╭─ DATASET EXCERPTS
-- ===== src/Atol/Tests.antt =====
-- Numbers that `atol` reads, and the theorem applied to one.
use plan9_ocaml.Prelude.{[], ◌∷◌, ◌++◌, ◌≡◌, ◌%◌, ◌^◌, refl, arith, sub32}
use plan9_ocaml.Strtoul.Exact.{AreDigits, number}
use plan9_ocaml.Strtoul.{value_of}
use plan9_ocaml.Atol.{atol, read_number, read_digits, skip_blanks}
use plan9_ocaml.Atol.Value.{hexadecimal, radix, front, Stops, IsPlain, atol-number}

-- " - 42"
minus_42 : atol (32 ∷ 45 ∷ 32 ∷ 52 ∷ 50 ∷ []) ≡ 4_294_967_254
unfolding atol read_number read_digits skip_blanks
minus_42 = refl

-- "010;"
octal_8 : atol (48 ∷ 49 ∷ 48 ∷ 59 ∷ []) ≡ 8
unfolding atol read_number read_digits skip_blanks
octal_8 = refl

-- Nine ones are too many for 32 bits: only the last eight count.
hex_ones : atol (48 ∷ 120 ∷ 49 ∷ 49 ∷ 49 ∷ 49 ∷ 49 ∷ 49 ∷ 49 ∷ 49 ∷ 49 ∷ []) ≡ 0x11111111
unfolding atol read_number read_digits skip_blanks
hex_ones = refl

ff-AreDigits : AreDigits (radix hexadecimal) (102 ∷ 70 ∷ [])
unfolding AreDigits value_of
ff-AreDigits = (omega arith, (omega arith, tt))

semicolon-Stops : Stops (radix hexadecimal) (59 ∷ [])
unfolding Stops
semicolon-Stops = refl

ff-IsPlain : IsPlain hexadecimal (102 ∷ 70 ∷ [])
unfolding IsPlain
ff-IsPlain = tt

atol-number_example :
    let w = front hexadecimal ++ 102 ∷ 70 ∷ 59 ∷ [] in
    let n = number (radix hexadecimal) 0 (102 ∷ 70 ∷ []) % 2 ^ 32 in
    (atol w ≡ n) × (atol (43 ∷ w) ≡ n) × (atol (45 ∷ w) ≡ sub32 0 n)
atol-number_example =
    atol-number hexadecimal 102 (70 ∷ []) (59 ∷ []) ff-AreDigits semicolon-Stops ff-IsPlain
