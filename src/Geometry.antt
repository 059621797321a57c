-- ===== src/Geometry.antt =====
-- kernel/Libgeometry/arith.c and replclipr_geom.c: points and rectangles.
-- An `int` is a number below 2 ^ 32, the bit pattern; sums wrap, and the order is that of the
-- numbers the patterns stand for. `bool` is the C type of the source, a Bool here.
pub mod Clip
pub mod Move
pub mod Repl
pub mod Tests
use plan9_ocaml.Prelude.{
  ℕ, add32, sub32, Bool, if◌then◌else◌, ltb, leb, not, ◌+◌, ◌/◌, ◌%◌, ◌*◌, ◌==◌, ◌&&◌, u32_mod,
  false, ◌^◌, true,
}

-- The pattern with its sign bit flipped: a greater number has a greater one.
unfoldable pub bias : ℕ → ℕ
bias x = (x + 2 ^ 31) % 2 ^ 32

abbrev pub lt : ℕ → ℕ → Bool
lt a b = ltb (bias a) (bias b)

abbrev pub le : ℕ → ℕ → Bool
le a b = leb (bias a) (bias b)

abbrev pub is_neg : ℕ → Bool
is_neg x = leb (2 ^ 31) x

abbrev pub neg : ℕ → ℕ
neg x = sub32 0 x

-- The absolute value, that of the least `int` being itself.
pub magnitude : ℕ → ℕ
magnitude x = if is_neg x then neg x else x

-- C's quotient, toward zero, and its remainder, of the sign of `a`. The divisor is not zero.
pub div : (a b : ℕ) → ℕ
unfolding magnitude
div a b =
    let q = magnitude a / magnitude b in
    (if is_neg a then (if is_neg b then q else neg q) else (if is_neg b then neg q else q))
    % u32_mod

pub rem : (a b : ℕ) → ℕ
unfolding magnitude
rem a b = let r = magnitude a % magnitude b in if is_neg a then neg r else r

pub record Point : Type 0 where
  pub x : ℕ
  pub y : ℕ

pub record Rectangle : Type 0 where
  pub min : Point
  pub max : Point

unfoldable pub pt : ℕ → ℕ → Point
pt x y = record { x = x; y = y }

unfoldable pub rpt : Point → Point → Rectangle
rpt min max = record { min = min; max = max }

unfoldable pub rect : ℕ → ℕ → ℕ → ℕ → Rectangle
unfolding pt rpt
rect ax ay bx by = rpt (pt ax ay) (pt bx by)

pub addpt : Point → Point → Point
addpt a b = record { x = add32 a.x b.x; y = add32 a.y b.y }

pub subpt : Point → Point → Point
subpt a b = record { x = sub32 a.x b.x; y = sub32 a.y b.y }

pub insetrect : Rectangle → ℕ → Rectangle
insetrect r n = record {
  min = record { x = add32 r.min.x n; y = add32 r.min.y n };
  max = record { x = sub32 r.max.x n; y = sub32 r.max.y n };
}

pub divpt : Point → ℕ → Point
unfolding div
divpt a b = record { x = div a.x b; y = div a.y b }

pub mulpt : Point → ℕ → Point
mulpt a b = record { x = a.x * b % u32_mod; y = a.y * b % u32_mod }

pub rectsubpt : Rectangle → Point → Rectangle
rectsubpt r p = record {
  min = record { x = sub32 r.min.x p.x; y = sub32 r.min.y p.y };
  max = record { x = sub32 r.max.x p.x; y = sub32 r.max.y p.y };
}

pub rectaddpt : Rectangle → Point → Rectangle
rectaddpt r p = record {
  min = record { x = add32 r.min.x p.x; y = add32 r.min.y p.y };
  max = record { x = add32 r.max.x p.x; y = add32 r.max.y p.y };
}

pub eqpt : Point → Point → Bool
eqpt p q = (p.x == q.x) && (p.y == q.y)

pub eqrect : Rectangle → Rectangle → Bool
eqrect r s =
    (r.min.x == s.min.x) && (r.max.x == s.max.x) && (r.min.y == s.min.y) && (r.max.y == s.max.y)

unfoldable pub rect_x_rect : Rectangle → Rectangle → Bool
rect_x_rect r s =
    lt r.min.x s.max.x && lt s.min.x r.max.x && lt r.min.y s.max.y && lt s.min.y r.max.y

unfoldable pub rectinrect : Rectangle → Rectangle → Bool
rectinrect r s =
    le s.min.x r.min.x && le r.max.x s.max.x && le s.min.y r.min.y && le r.max.y s.max.y

unfoldable pub ptinrect : Point → Rectangle → Bool
ptinrect p r = le r.min.x p.x && lt p.x r.max.x && le r.min.y p.y && lt p.y r.max.y

swap_x : Rectangle → Rectangle
swap_x r =
    if lt r.max.x r.min.x
    then record {
      min = record { x = r.max.x; y = r.min.y };
      max = record { x = r.min.x; y = r.max.y };
    }
    else r

swap_y : Rectangle → Rectangle
swap_y r =
    if lt r.max.y r.min.y
    then record {
      min = record { x = r.min.x; y = r.max.y };
      max = record { x = r.max.x; y = r.min.y };
    }
    else r

pub canonrect : Rectangle → Rectangle
unfolding swap_x swap_y
canonrect r = swap_y (swap_x r)

-- The lesser and the greater of two coordinates, the first when they are equal.
unfoldable pub lesser : ℕ → ℕ → ℕ
lesser a b = if lt b a then b else a

unfoldable pub greater : ℕ → ℕ → ℕ
greater a b = if lt a b then b else a

pub combinerect : Rectangle → Rectangle → Rectangle
unfolding lesser greater
combinerect r s = record {
  min = record { x = lesser r.min.x s.min.x; y = lesser r.min.y s.min.y };
  max = record { x = greater r.max.x s.max.x; y = greater r.max.y s.max.y };
}

-- Whether the two overlap, and what becomes of the first.
unfoldable pub rectclip : Rectangle → Rectangle → Bool × Rectangle
unfolding lesser greater
rectclip r b =
    if not (lt r.min.x b.max.x && lt b.min.x r.max.x && lt r.min.y b.max.y && lt b.min.y r.max.y)
    then (false, r)
    else (
      true,
      record {
        min = record { x = greater r.min.x b.min.x; y = greater r.min.y b.min.y };
        max = record { x = lesser r.max.x b.max.x; y = lesser r.max.y b.max.y };
      },
    )

pub drawreplxy : (min max x : ℕ) → ℕ
unfolding rem
drawreplxy min max x =
    let sx = rem (sub32 x min) (sub32 max min) in
    add32 (if is_neg sx then add32 sx (sub32 max min) else sx) min

pub drawrepl : Rectangle → Point → Point
unfolding drawreplxy
drawrepl r p = record { x = drawreplxy r.min.x r.max.x p.x; y = drawreplxy r.min.y r.max.y p.y }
╰─
Your answer must consist solely of the lines above between the line holding "subpt a b = record" and the line holding "pub mulpt : Point → ℕ → Point", inclusive, copied exactly.

subpt a b = record { x = sub32 a.x b.x; y = sub32 a.y b.y }

pub insetrect : Rectangle → ℕ → Rectangle
insetrect r n = record {
  min = record { x = add32 r.min.x n; y = add32 r.min.y n };
  max = record { x = sub32 r.max.x n; y = sub32 r.max.y n };
}

pub divpt : Point → ℕ → Point
unfolding div
divpt a b = record { x = div a.x b; y = div a.y b }

pub mulpt : Point → ℕ → Point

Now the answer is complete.